Input Resistance:

The input resistance is the resistance seen by the current source or voltage source which drives the circuit. For example, returning to the circuit in Fig. 2.7, the impedance seen by sinusoidal input signals looking into the capacitor is:

$$Z_{in}= \frac{1}{j\omega C_1} + R_B\vert\vert R_{TB}$$ (40)

Where R_TB is the resistance looking into the base of the transistor. As we have done throughout this lab, let's consider only cases where the frequency is large enough that the impedance of the capacitor can be ignored. We call these frequencies the midband range. At midband, the input impedance can be approximated as the following input resistance.

R_in= R_B||R_TB

R_B can be read directly from the circuit. However, we must determine R_TB. The resistance seen looking into the base can be determined by grounding the output, and then applying a small signal to the base $\Delta V_b$, and determining the base current that is drawn $\Delta I_b$. The ratio of the small signal base voltage to the small signal base current is then R_TB. To determine R_TB, let's first make the excellent approximation that I_c=I_e, and use Eqns. (2.14) and (2.23) to obtain:

$$\Delta V_b = \frac{\Delta I_c}{g_m} + \Delta I_c R_E$$ (42)

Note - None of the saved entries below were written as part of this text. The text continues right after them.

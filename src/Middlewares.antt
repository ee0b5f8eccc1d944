-- ===== src/Middlewares.antt =====
-- src/presentation/http/common/middlewares: `RequestIDMiddleware` and `AccessLogMiddleware` around an
-- ASGI application. Bytes are texts of characters below 256. The rounding of the duration is left out;
-- the clock of `time.perf_counter` counts from one reading to the next as the environment chooses.
pub mod Laws
use Prim.Native.String
use fastapi_claude_template.Prelude.{
  ℕ, suc, ◌-◌, String, Char, code, Bool, true, false, not, ◌||◌, Option, none, some, List, [], ◌∷◌,
  ◌++◌, leb, nat_beq, ◌<>◌, ◌==◌, decimal, if◌then◌else◌, Dict, insert,
}
use fastapi_claude_template.Errors.{Headers}
use fastapi_claude_template.Exec.{Result, ok, err, Exec, pure, finally, ◌>>=◌, ◌>>◌}

pub record Message : Type 0 where
  pub type_ : String
  pub status : ℕ
  pub headers : Option Headers

pub record Scope : Type 0 where
  pub type_ : String
  pub method : Option String
  pub path : Option String
  pub query_string : Option String
  pub client : Option (String × ℕ)
  pub state : Option (Dict String)

pub data Level : Type 0 where
  error warning info : Level

pub record Entry : Type 0 where
  pub level : Level
  pub method : String
  pub path : String
  pub query : String
  pub status : ℕ
  pub duration : ℕ
  pub client : String

-- The state of a request: the variables that structlog binds, `status_code` of the access log's
-- closure, its log, a clock, the source of `uuid4`, and what else the application and the server have
pub record Http (S : Type 0) : Type 0 where
  pub inner : S
  pub context : Dict String
  pub status_code : ℕ
  pub logs : List Entry
  pub times : ℕ → ℕ
  pub reads : ℕ
  pub entropy : ℕ → String
  pub draws : ℕ

abbrev pub Send : Type 0 → Type 0
Send S = Message → Exec (Http S) (Unit {0})

-- An ASGI application gets the scope, `receive` and `send`.
abbrev pub App : Type 0 → Type 0
App S = Scope → Exec (Http S) Message → Send S → Exec (Http S) (Unit {0})

-- `message.get("headers", [])`
abbrev pub headers_or_nil : Option Headers → Headers
headers_or_nil none = []
headers_or_nil (some h) = h

abbrev pub is_start : Message → Bool
is_start message = message.type_ == "http.response.start"

-- What `send_with_request_id` does to a message
unfoldable pub tag : String → Message → Message
tag request_id message =
    if is_start message
    then record message {
      headers = some (headers_or_nil message.headers ++ (("x-request-id", request_id) ∷ []));
    }
    else message

abbrev pub or_empty : Option String → String
or_empty none = ""
or_empty (some s) = s

abbrev pub or_nil : Option (Dict String) → Dict String
or_nil none = []
or_nil (some d) = d

-- `scope.setdefault("state", {})["request_id"] = request_id`
unfoldable pub with_request_id : String → Scope → Scope
unfolding insert
with_request_id request_id scope = record scope {
  state = some (insert "request_id" request_id (or_nil scope.state));
}

abbrev pub new_request_id : {S : Type 0} → Exec (Http S) String
new_request_id h = (ok (h.entropy h.draws), record h { draws = suc h.draws })

abbrev pub clear_contextvars : {S : Type 0} → Exec (Http S) (Unit {0})
clear_contextvars h = (ok tt, record h { context = [] })

-- `bind_contextvars(request_id=..., method=..., path=...)`
abbrev pub bind_contextvars : {S : Type 0} → String → String → String → Exec (Http S) (Unit {0})
bind_contextvars request_id method path h = (
  ok tt,
  record h {
    context =
        insert "path" path (insert "method" method (insert "request_id" request_id h.context));
  },
)

unfoldable pub request_id_middleware : {S : Type 0} → App S → App S
unfolding tag with_request_id insert
request_id_middleware app scope receive send =
    if not (scope.type_ == "http" || scope.type_ == "websocket") then app scope receive send else do
      request_id ← new_request_id
      let scope' = with_request_id request_id scope
      clear_contextvars
      bind_contextvars request_id (or_empty scope.method) (or_empty scope.path)
      finally (app scope' receive (λ message. send (tag request_id message))) clear_contextvars

-- `time.perf_counter()`
abbrev pub perf_counter : {S : Type 0} → Exec (Http S) ℕ
perf_counter h = (ok (h.times h.reads), record h { reads = suc h.reads })

abbrev pub set_status_code : {S : Type 0} → ℕ → Exec (Http S) (Unit {0})
set_status_code status h = (ok tt, record h { status_code = status })

unfoldable pub send_wrapper : {S : Type 0} → Send S → Send S
send_wrapper send message =
    if is_start message then set_status_code message.status >> send message else send message

-- `if status_code == 0: status_code = 500`
abbrev pub final_status : ℕ → ℕ
final_status status = if nat_beq status 0 then 500 else status

unfoldable pub level_of : ℕ → Level
level_of status = if leb 500 status then error else if leb 400 status then warning else info

-- `.decode("ascii", errors="replace")`
abbrev pub decode_ascii : String → String
decode_ascii String.[] = ""
decode_ascii (String.◌∷◌ c s) =
    let rest = decode_ascii s in if leb 128 (code c) then "�" <> rest else String.◌∷◌ c rest

abbrev pub client_addr : Option (String × ℕ) → String
client_addr none = ""
client_addr (some (host, port)) = host <> ":" <> decimal port

unfoldable pub log_entry : Scope → ℕ → ℕ → Entry
unfolding level_of decimal
log_entry scope status duration = record {
  level = level_of status;
  method = or_empty scope.method;
  path = or_empty scope.path;
  query = decode_ascii (or_empty scope.query_string);
  status = status;
  duration = duration;
  client = client_addr scope.client;
}

abbrev pub log : {S : Type 0} → Entry → Exec (Http S) (Unit {0})
log entry h = (ok tt, record h { logs = h.logs ++ (entry ∷ []) })

-- The body of the `finally`
unfoldable pub write_log : {S : Type 0} → Scope → ℕ → Exec (Http S) (Unit {0})
unfolding log_entry
write_log scope start = do
  end ← perf_counter
  status ← (λ h. (ok (final_status h.status_code), h))
  log (log_entry scope status (end - start))

unfoldable pub access_log_middleware : {S : Type 0} → App S → App S
unfolding send_wrapper write_log
access_log_middleware app scope receive send =
    if not (scope.type_ == "http") then app scope receive send else do
      start ← perf_counter
      set_status_code 0
      finally (app scope receive (send_wrapper send)) (write_log scope start)

-- `setup_global_middlewares`: what is added last is outermost. Starlette's `CORSMiddleware` with
-- its options is the argument.
unfoldable pub setup_global_middlewares : {S : Type 0} → (App S → App S) → App S → App S
unfolding request_id_middleware access_log_middleware
setup_global_middlewares cors app = cors (request_id_middleware (access_log_middleware app))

Now, recalling that $\Delta I_b=\frac{\Delta I_c}{\beta}$,and dividing $\Delta V_b$by $\Delta I_b$, we obtain  

$$R_{TB}= \frac{\Delta V_b}{\Delta I_b} = \frac{\beta}{g_m} + \beta R_E$$ (43)

Since $\frac{1}{g_m}$ is usually much smaller than R_E, when an emitter resistor is present a good approximation for the input resistance is simply $\beta R_E$. Of course, when the emitter is connected directly to ground, R_E=0 and under these circumstances $R_{TB}= \frac{\beta}{g_m}= r_{\pi}$ Note, that we have followed the customary convention and defined $\frac{\beta}{g_m}$ to be $r_{\pi}$.

It is interesting to observe that the resistance looking into the base is usually fairly large since it contains the multiplicative factor $\beta$. This can be explained because the current actually entering the base is I_b, while the current through R_E is approximately $\beta I_b$. This can alternatively be viewed as I_b going through an effective resistance of $\beta R_E$, thus giving the impression of a much larger resistance.